> **Your task**
Start at the first line of the material. Repeat each line exactly through the one containing "claim_from_sound s zero i h = cc", then stop.

>>

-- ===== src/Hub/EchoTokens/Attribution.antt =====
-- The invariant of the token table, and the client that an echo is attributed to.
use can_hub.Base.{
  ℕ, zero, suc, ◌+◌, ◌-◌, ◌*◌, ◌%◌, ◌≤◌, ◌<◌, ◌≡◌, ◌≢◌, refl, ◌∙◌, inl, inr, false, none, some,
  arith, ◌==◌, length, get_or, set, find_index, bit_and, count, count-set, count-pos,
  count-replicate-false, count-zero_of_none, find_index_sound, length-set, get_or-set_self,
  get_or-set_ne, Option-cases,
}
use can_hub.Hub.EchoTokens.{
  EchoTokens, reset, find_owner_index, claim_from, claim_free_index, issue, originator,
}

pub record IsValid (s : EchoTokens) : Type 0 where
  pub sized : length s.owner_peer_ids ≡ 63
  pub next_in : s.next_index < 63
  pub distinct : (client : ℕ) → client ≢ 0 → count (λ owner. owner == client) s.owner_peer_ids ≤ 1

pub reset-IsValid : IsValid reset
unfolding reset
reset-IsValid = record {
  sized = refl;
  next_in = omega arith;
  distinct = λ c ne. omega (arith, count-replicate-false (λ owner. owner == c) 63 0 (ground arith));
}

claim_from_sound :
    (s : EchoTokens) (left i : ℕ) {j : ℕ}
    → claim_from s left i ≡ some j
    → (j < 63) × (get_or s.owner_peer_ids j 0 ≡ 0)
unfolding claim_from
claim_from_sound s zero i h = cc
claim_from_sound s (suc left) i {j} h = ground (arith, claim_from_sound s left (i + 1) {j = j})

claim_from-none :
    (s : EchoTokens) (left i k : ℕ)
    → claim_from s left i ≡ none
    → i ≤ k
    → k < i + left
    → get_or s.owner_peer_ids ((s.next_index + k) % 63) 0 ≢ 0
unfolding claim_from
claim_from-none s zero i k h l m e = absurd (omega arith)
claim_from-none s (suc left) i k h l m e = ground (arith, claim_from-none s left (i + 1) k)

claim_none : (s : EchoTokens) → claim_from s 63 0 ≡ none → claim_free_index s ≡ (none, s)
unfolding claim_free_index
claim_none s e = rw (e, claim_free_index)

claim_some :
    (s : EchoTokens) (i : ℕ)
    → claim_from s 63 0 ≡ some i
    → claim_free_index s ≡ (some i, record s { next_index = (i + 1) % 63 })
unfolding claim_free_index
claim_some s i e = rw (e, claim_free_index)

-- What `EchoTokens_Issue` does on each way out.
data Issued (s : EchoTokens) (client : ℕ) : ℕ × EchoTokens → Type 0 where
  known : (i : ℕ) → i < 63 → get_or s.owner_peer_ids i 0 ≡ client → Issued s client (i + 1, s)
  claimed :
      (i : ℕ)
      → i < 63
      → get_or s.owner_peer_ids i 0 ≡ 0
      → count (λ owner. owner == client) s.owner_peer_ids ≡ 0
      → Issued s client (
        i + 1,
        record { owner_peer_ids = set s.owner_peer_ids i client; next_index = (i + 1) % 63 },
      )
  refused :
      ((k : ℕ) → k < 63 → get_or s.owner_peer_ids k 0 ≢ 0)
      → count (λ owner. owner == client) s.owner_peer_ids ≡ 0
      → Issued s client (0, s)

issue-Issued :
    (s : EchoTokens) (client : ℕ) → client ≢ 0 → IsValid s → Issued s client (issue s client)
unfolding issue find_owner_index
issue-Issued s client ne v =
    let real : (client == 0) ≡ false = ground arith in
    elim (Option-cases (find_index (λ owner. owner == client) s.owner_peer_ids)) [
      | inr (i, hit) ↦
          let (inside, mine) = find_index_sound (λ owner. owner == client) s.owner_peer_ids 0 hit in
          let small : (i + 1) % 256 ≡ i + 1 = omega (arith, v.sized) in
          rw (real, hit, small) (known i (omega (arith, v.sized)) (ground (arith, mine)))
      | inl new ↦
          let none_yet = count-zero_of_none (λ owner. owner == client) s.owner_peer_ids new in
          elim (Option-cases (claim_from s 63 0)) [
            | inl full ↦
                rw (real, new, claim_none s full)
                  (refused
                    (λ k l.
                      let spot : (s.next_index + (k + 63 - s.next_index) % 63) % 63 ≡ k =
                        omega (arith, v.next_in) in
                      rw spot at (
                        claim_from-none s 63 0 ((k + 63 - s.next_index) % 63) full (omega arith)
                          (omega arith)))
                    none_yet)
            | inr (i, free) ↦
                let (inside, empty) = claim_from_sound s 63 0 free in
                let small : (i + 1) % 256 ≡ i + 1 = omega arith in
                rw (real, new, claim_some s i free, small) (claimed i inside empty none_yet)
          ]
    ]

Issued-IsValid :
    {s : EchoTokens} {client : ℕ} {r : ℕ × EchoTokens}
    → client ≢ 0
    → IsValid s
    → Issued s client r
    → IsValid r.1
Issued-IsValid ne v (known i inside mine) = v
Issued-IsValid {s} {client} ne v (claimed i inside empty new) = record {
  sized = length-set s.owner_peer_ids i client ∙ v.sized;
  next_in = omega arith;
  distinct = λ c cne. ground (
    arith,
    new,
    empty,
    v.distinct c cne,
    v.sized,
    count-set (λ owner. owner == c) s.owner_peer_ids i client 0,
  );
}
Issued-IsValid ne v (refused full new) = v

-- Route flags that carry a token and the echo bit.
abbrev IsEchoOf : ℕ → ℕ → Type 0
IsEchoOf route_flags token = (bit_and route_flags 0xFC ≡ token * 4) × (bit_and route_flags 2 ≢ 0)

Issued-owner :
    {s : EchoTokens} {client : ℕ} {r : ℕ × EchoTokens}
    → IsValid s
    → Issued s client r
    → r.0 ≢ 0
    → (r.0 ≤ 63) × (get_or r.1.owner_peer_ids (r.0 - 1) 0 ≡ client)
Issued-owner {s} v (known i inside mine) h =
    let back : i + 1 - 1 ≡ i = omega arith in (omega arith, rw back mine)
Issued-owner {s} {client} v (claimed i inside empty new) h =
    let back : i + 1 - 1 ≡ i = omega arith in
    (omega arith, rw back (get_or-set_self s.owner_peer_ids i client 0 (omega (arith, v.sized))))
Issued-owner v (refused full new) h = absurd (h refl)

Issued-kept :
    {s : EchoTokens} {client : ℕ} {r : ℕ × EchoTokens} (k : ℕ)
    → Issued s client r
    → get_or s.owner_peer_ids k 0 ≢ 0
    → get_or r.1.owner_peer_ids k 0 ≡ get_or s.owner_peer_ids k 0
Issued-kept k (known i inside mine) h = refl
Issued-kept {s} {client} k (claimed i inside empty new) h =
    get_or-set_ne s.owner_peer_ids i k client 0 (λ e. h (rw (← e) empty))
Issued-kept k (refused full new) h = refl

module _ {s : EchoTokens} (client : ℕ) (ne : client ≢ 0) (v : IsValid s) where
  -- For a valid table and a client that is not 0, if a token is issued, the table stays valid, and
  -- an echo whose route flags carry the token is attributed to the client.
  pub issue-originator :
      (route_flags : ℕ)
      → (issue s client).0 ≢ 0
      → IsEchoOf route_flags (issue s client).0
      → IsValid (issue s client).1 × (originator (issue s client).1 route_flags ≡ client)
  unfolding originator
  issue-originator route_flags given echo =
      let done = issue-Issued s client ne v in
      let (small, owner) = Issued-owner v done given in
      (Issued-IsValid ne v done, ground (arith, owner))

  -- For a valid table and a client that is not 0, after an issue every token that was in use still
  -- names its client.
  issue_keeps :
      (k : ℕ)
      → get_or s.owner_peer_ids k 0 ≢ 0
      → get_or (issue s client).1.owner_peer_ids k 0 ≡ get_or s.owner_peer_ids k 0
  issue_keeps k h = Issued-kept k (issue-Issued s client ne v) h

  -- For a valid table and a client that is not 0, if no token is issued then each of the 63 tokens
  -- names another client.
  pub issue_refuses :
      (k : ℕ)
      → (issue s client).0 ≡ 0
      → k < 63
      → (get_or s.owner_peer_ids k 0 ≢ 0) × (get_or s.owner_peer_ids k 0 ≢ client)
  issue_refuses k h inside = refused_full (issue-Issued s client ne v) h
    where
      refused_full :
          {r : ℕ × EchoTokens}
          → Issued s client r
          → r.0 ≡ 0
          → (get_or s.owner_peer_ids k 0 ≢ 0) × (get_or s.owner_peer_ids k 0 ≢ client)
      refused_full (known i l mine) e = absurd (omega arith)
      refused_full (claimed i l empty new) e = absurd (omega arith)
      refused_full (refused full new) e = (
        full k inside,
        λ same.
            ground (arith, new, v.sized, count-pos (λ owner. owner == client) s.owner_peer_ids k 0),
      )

<<

> **Result of this exercise**
-- ===== src/Hub/EchoTokens/Attribution.antt =====
-- The invariant of the token table, and the client that an echo is attributed to.
use can_hub.Base.{
  ℕ, zero, suc, ◌+◌, ◌-◌, ◌*◌, ◌%◌, ◌≤◌, ◌<◌, ◌≡◌, ◌≢◌, refl, ◌∙◌, inl, inr, false, none, some,
  arith, ◌==◌, length, get_or, set, find_index, bit_and, count, count-set, count-pos,
  count-replicate-false, count-zero_of_none, find_index_sound, length-set, get_or-set_self,
  get_or-set_ne, Option-cases,
}
use can_hub.Hub.EchoTokens.{
  EchoTokens, reset, find_owner_index, claim_from, claim_free_index, issue, originator,
}

pub record IsValid (s : EchoTokens) : Type 0 where
  pub sized : length s.owner_peer_ids ≡ 63
  pub next_in : s.next_index < 63
  pub distinct : (client : ℕ) → client ≢ 0 → count (λ owner. owner == client) s.owner_peer_ids ≤ 1

pub reset-IsValid : IsValid reset
unfolding reset
reset-IsValid = record {
  sized = refl;
  next_in = omega arith;
  distinct = λ c ne. omega (arith, count-replicate-false (λ owner. owner == c) 63 0 (ground arith));
}

claim_from_sound :
    (s : EchoTokens) (left i : ℕ) {j : ℕ}
    → claim_from s left i ≡ some j
    → (j < 63) × (get_or s.owner_peer_ids j 0 ≡ 0)
unfolding claim_from
claim_from_sound s zero i h = cc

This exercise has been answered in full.